Why move forward with this legislation now?

“We’ve taken so many other steps over the years with respect to tax and regulatory policies, building infrastructure — all the things we know are important,” says Gov. Daniels. “We still are far from where we want to be. Second, it’s the growing body of evidence that says we aren’t getting enough shots on goal, at least in a weak economy like this. We need all the opportunities we can get. Our win rate is very good. Give us a shot and people find a lot to like — a very low cost structure, a great location with great infrastructure to amplify that and a very stable fiscal situation with the assurance that state taxes will stay under control. Property taxes we have capped constitutionally — we’ve lowered the property tax of the business class of property significantly. Our problem was there simply weren’t enough targets, at least in this economy. So that’s why we decided to do this now, which we knew would not be easy.”

One area likely to benefit from Indiana’s new right-to-work status is Muncie, where the Electro-Motive Diesel Inc. subsidiary of Caterpillar may relocate its locomotive assembly operation from London, Ont., where it had been embroiled in a labor dispute with the Canadian Auto Workers Union. Caterpillar is closing that plant. Meanwhile, Caterpillar’s Progress Rail Services Corp. unit opened a locomotive manufacturing facility in Muncie in October 2011, in a 740,000-sq.-ft. (68,750-sq.-m.) facility formerly occupied by ABB Power T&D Co., which closed in 1998. In addition, the company plans to build a locomotive test track on the facility’s 75-acre (50-hectare) campus. This facility could well assume the Canadian production. Progress Rail had predicted a work force of about 650 by 2012 when the $50-million project was announced in 2010.

Game Changer

How that scenario plays out remains to be seen. The dust is still settling from Indiana’s new status, and when it does settle, the Midwest will not look quite the same.

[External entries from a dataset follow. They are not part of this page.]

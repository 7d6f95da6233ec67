-- ===== src/Arbitration/Worker/Total.antt =====
-- `work_fn` of examples/arbitration/arbitration.cc runs to its end, and gives every task back but those
-- that refused commands lost.
use zns_emulation_bench.Prelude.{
  ℕ, suc, ◌+◌, ◌*◌, ◌^◌, ◌≤◌, ◌<◌, ◌≡◌, refl, ◌∙◌, ap, subst, ltb, if_true, if_false, true, false,
  ◌⊎◌, inl, inr, Bool-cases, List, [], ◌∷◌, length, All, get_or, pos_part, arith,
}
use zns_emulation_bench.Exec.{Exec, done, final, ◌>>=◌}
use zns_emulation_bench.Arbitration.{NsWorkerCtx, ArbContext, Spdk}
use zns_emulation_bench.Arbitration.Loop.{read_at, submit_io, check_io, drain_io}
use zns_emulation_bench.Arbitration.Loop.Invariant.{
  AnyCommand, submit_times-Inv, check_io-Inv, drain_loop-Inv,
}
use zns_emulation_bench.Arbitration.Loop.Drain.{left_after, drain_io_ends}
use zns_emulation_bench.Arbitration.Loop.Submit.{submit_times_enough, check_io_steady}
use zns_emulation_bench.Arbitration.Loop.Range.{InRange, read_at-InRange}
use zns_emulation_bench.Arbitration.Worker.{
  Work, Round, for_each_ctx, init_contexts, unless_over, poll_loop, tsc_end_of, run_phases, work_fn,
}
use zns_emulation_bench.Arbitration.Worker.Invariant.{IsEntry, IsCtx, in_flight, WorkInv, Keeps}
use zns_emulation_bench.Arbitration.Worker.Phases.{AllFrom, Ends, for_each_ends}

-- Some round reads the clock after the end of the run.
abbrev pub Timely : ℕ → List Round → Type 0
Timely tsc_end [] = ⊥
Timely tsc_end (r ∷ rs) = (tsc_end < r.ticks) ⊎ Timely tsc_end rs

abbrev pub Fresh : ℕ → NsWorkerCtx → Type 0
Fresh i c = c.qpair ≡ []

abbrev pub Bounded : ArbContext → ℕ → NsWorkerCtx → Type 0
Bounded cfg i c = length c.qpair ≤ pos_part cfg.queue_depth

-- What the `i`-th context's polls report in the end covers all that it has in flight, in whatever
-- order and batches.
abbrev pub Drains : ArbContext → List (List (List ℕ)) → ℕ → NsWorkerCtx → Type 0
Drains cfg last i c = left_after cfg.max_completions (length c.qpair) (get_or last i []) ≡ 0

abbrev pub Drained : ℕ → NsWorkerCtx → Type 0
Drained i c = (c.current_queue_depth ≡ 0) × (c.qpair ≡ [])

module _ (env : Spdk) (cfg : ArbContext) where
  submit_io-Keeps : Keeps (submit_io env cfg read_at cfg.queue_depth)
  unfolding submit_io
  submit_io-Keeps n entry t small k v =
      submit_times-Inv env cfg n entry small k.fits (InRange entry) read_at
        (read_at-InRange entry k.whole) _ t v

  check_io-Keeps : (reaped : List ℕ) → Keeps (check_io env cfg read_at reaped)
  check_io-Keeps reaped n entry t small k v =
      check_io-Inv env cfg n entry small k.fits (InRange entry) read_at
        (read_at-InRange entry k.whole) reaped t v

  drain_io-Keeps : (polls : List (List ℕ)) → Keeps (drain_io env cfg read_at polls)
  unfolding drain_io
  drain_io-Keeps polls n entry t small k v =
      drain_loop-Inv env cfg n entry small k.fits (InRange entry) read_at
        (read_at-InRange entry k.whole) polls _
        (record {
          same = v.same;
          depth = v.depth;
          balance = v.balance;
          offset = v.offset;
          commands = v.commands;
        })

  module _ (buffers : (k : ℕ) → env.dma_zmalloc k ≡ true) where
    submit_io_ends :
        Ends
          (λ _. submit_io env cfg read_at cfg.queue_depth)
          Fresh
          (Bounded cfg)
          (λ k p. k * pos_part cfg.queue_depth ≤ p)
    unfolding submit_io
    submit_io_ends i k m t small entry v fresh room =
        let (u, e, p, l) =
          submit_times_enough env cfg read_at buffers (pos_part cfg.queue_depth) t (omega arith) in
        (u, e, omega (arith, l, ap length fresh), omega (arith, p))

    check_io_ends :
        (r : Round)
        → Ends
            (λ i. check_io env cfg read_at (get_or r.reaped i []))
            (Bounded cfg)
            (Bounded cfg)
            (λ k p. Unit)
    check_io_ends r i k m t small entry v bounded room =
        let (u, e, l) =
          check_io_steady env cfg read_at buffers _ (get_or r.reaped i []) t bounded in
        (u, e, l, tt)

  drain_io-Ends :
      (last : List (List (List ℕ)))
      → Ends
          (λ i. drain_io env cfg read_at (get_or last i []))
          (Drains cfg last)
          Drained
          (λ k p. Unit)
  drain_io-Ends last i k m t small entry v drains room =
      let (u, e, d, q, _, _, _) =
        drain_io_ends env cfg read_at m t.ctx.entry small entry.fits (get_or last i []) t
          (record {
            same = v.same;
            depth = v.depth;
            balance = v.balance;
            offset = v.offset;
            commands = any t.ctx.qpair;
          })
          drains in
      (u, e, (d, q), tt)
    where
      any : (cs : List _) → All AnyCommand cs
      any [] = tt
      any (c ∷ cs) = (tt, any cs)

-- A context as `associate_workers_with_ns` leaves it.
pub record IsNew (c : NsWorkerCtx) : Type 0 where
  pub entry_ok : IsEntry c.entry
  pub not_empty : 0 < c.entry.size_in_ios
  pub no_depth : c.current_queue_depth ≡ 0
  pub at_start : c.offset_in_ios ≡ 0

init_contexts-IsNew :
    (env : Spdk) (i : ℕ) (cs : List NsWorkerCtx)
    → ((k : ℕ) → env.alloc_io_qpair k ≡ true)
    → All IsNew cs
    → ((init_contexts env i cs).0 ≡ true)
      × All IsCtx (init_contexts env i cs).1
      × (in_flight (init_contexts env i cs).1 ≡ 0)
      × (length (init_contexts env i cs).1 ≡ length cs)
unfolding init_contexts
init_contexts-IsNew env i [] given v = (refl, tt, refl, refl)
init_contexts-IsNew env i (c ∷ cs) given (n, v) =
    let (a, b, d, e) = init_contexts-IsNew env (i + 1) cs given v in
    rw (given i) (a, (ready, b), omega (arith, d), ap suc e)
  where
    ready : IsCtx (record c { qpair = [] })
    ready = record {
      entry_ok = n.entry_ok;
      depth = n.no_depth;
      offset = omega (arith, n.at_start, n.not_empty);
      commands = tt;
    }

init_contexts-Fresh :
    (env : Spdk) (i : ℕ) (cs : List NsWorkerCtx)
    → ((k : ℕ) → env.alloc_io_qpair k ≡ true)
    → AllFrom Fresh i (init_contexts env i cs).1
unfolding init_contexts
init_contexts-Fresh env i [] given = tt
init_contexts-Fresh env i (c ∷ cs) given =
    rw (given i) (refl, init_contexts-Fresh env (i + 1) cs given)

in_flight-Drained : (i : ℕ) (cs : List NsWorkerCtx) → AllFrom Drained i cs → in_flight cs ≡ 0
in_flight-Drained i [] v = refl
in_flight-Drained i (c ∷ cs) ((d, e), v) =
    omega (arith, ap length e, in_flight-Drained (i + 1) cs v)

module _ (env : Spdk) (cfg : ArbContext) (buffers : (k : ℕ) → env.dma_zmalloc k ≡ true) (total : ℕ)
    (small : total < 2 ^ 64) where
  poll_loop_ends :
      (tsc_end : ℕ) (rounds : List Round) (w : Work)
      → Timely tsc_end rounds
      → WorkInv total w
      → AllFrom (Bounded cfg) 0 w.ctxs
      → (w' : Work) × (poll_loop env cfg read_at tsc_end rounds w ≡ done w')
        × WorkInv total w'
        × AllFrom (Bounded cfg) 0 w'.ctxs
        × (length w'.ctxs ≡ length w.ctxs)
  unfolding poll_loop
  poll_loop_ends tsc_end [] w timely v b = absurd timely
  poll_loop_ends tsc_end (r ∷ rs) w timely v b =
      let (u, e, v', b', l) =
        for_each_ends _ (λ i. check_io-Keeps env cfg (get_or r.reaped i [])) _ _ _
          (check_io_ends env cfg buffers r) w total small v b tt in
      elim (Bool-cases (ltb tsc_end r.ticks)) [
        | inl over ↦ (u, ap (λ m. m >>= unless_over tsc_end r rest) e ∙ if_true _ _ over, v', b', l)
        | inr more ↦
            let (x, e', v'', b'', l') = poll_loop_ends tsc_end rs u (later timely more) v' b' in
            (
              x,
              ap (λ m. m >>= unless_over tsc_end r rest) e ∙ if_false _ _ more ∙ e',
              v'',
              b'',
              l' ∙ l,
            )
      ]
    where
      rest : Work → Exec Work
      rest = poll_loop env cfg read_at tsc_end rs

      later :
          (tsc_end < r.ticks) ⊎ Timely tsc_end rs → ltb tsc_end r.ticks ≡ false → Timely tsc_end rs
      later (inl now) more = absurd (ground arith)
      later (inr t) more = t

  -- The worker up to the end of the polling loop, with its queue pairs.
  abbrev pub polled : ℕ → List Round → Work → Exec Work
  polled start rounds w =
      for_each_ctx (λ _. submit_io env cfg read_at cfg.queue_depth)
        (record w { ctxs = (init_contexts env 0 w.ctxs).1 })
      >>= poll_loop env cfg read_at (tsc_end_of cfg start) rounds

  -- With a buffer for each I/O, a queue pair for each context, a pool that holds `queue_depth` tasks
  -- for each context, a clock that passes the end of the run, and polls in `drain_io` that report
  -- all that each context has in flight when the polling loop has ended, `work_fn` returns 0; then nothing is in flight, and the pool holds all the
  -- tasks but those of the refused commands.
  pub work_fn_total :
      (start : ℕ) (rounds : List Round) (last : List (List (List ℕ))) (w : Work)
      → ((k : ℕ) → env.alloc_io_qpair k ≡ true)
      → All IsNew w.ctxs
      → w.task_pool + w.failures ≡ total
      → length w.ctxs * pos_part cfg.queue_depth ≤ w.task_pool
      → Timely (tsc_end_of cfg start) rounds
      → AllFrom (Drains cfg last) 0 (final (polled start rounds w)).ctxs
      → (w' : Work) × (work_fn env cfg read_at start rounds last w ≡ (0, done w'))
        × AllFrom Drained 0 w'.ctxs
        × (w'.task_pool + w'.failures ≡ total)
  unfolding work_fn run_phases
  work_fn_total start rounds last w given new pool room timely reports =
      let (a, b, d, l) = init_contexts-IsNew env 0 w.ctxs given new in
      let w0 : Work = record w { ctxs = (init_contexts env 0 w.ctxs).1 } in
      let (w1, e1, v1, b1, l1) =
        for_each_ends _ (λ _. submit_io-Keeps env cfg) _ _ _ (submit_io_ends env cfg buffers) w0
          total small (record { contexts = b; balance = omega (arith, d) })
          (init_contexts-Fresh env 0 w.ctxs given) (rw l room) in
      let (w2, e2, v2, b2, l2) = poll_loop_ends (tsc_end_of cfg start) rounds w1 timely v1 b1 in
      let (w3, e3, v3, b3, l3) =
        for_each_ends _ (λ i. drain_io-Keeps env cfg (get_or last i [])) _ _ _
          (drain_io-Ends env cfg last) w2 total small v2
          (subst (λ (m : Exec Work). AllFrom (Drains cfg last) 0 (final m).ctxs)
            (ap (λ m. m >>= poll_loop env cfg read_at (tsc_end_of cfg start) rounds) e1 ∙ e2)
            reports)
          tt in
      (
        w3,
        if_true _ _ a ∙ ap (λ m. (0, m)) (ap then_polled e1 ∙ ap drained e2 ∙ e3),
        b3,
        omega (arith, v3.balance, in_flight-Drained 0 w3.ctxs b3),
      )
    where
      drained : Exec Work → Exec Work
      drained m = m >>= for_each_ctx (λ i. drain_io env cfg read_at (get_or last i []))

      then_polled : Exec Work → Exec Work
      then_polled m = drained (m >>= poll_loop env cfg read_at (tsc_end_of cfg start) rounds)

“This really puts pressure on the other states in the Midwest,” says site selection consultant Bob Ady, president of Mount Prospect, Ill.-based Ady International Co. “Site selection is a question of differentiation, and this is a major differentiator for Indiana and its neighboring states and throughout the Midwest, especially with respect to international companies that are leery of unions — not that they think they’re wrong, it’s more about their concern with the unknown. They read about strikes now and then, but they don’t often see the rest of the picture, which is that most labor contracts are amenable. That doesn’t get reported as often. It brings uncertainty into the equation for some of them,” says Ady, which right-to-work will alleviate.

Look for companies in bordering states and elsewhere to begin weighing their options, adds Ady, and for companies supplying OEMs to give Indiana a closer look. Plenty of companies, including Caterpillar, still exert influence over where their suppliers establish operations, he points out.

All things being equal, would Ady steer a client to an Indiana site today — or higher up on a finalist list of Midwestern states? “Yes,” he says, “though we just make recommendations. It’s up to the companies in the end. I’m working right now with an international company that is now specifically considering Indiana, where it wasn’t previously. Right-to-work has already had an impact.”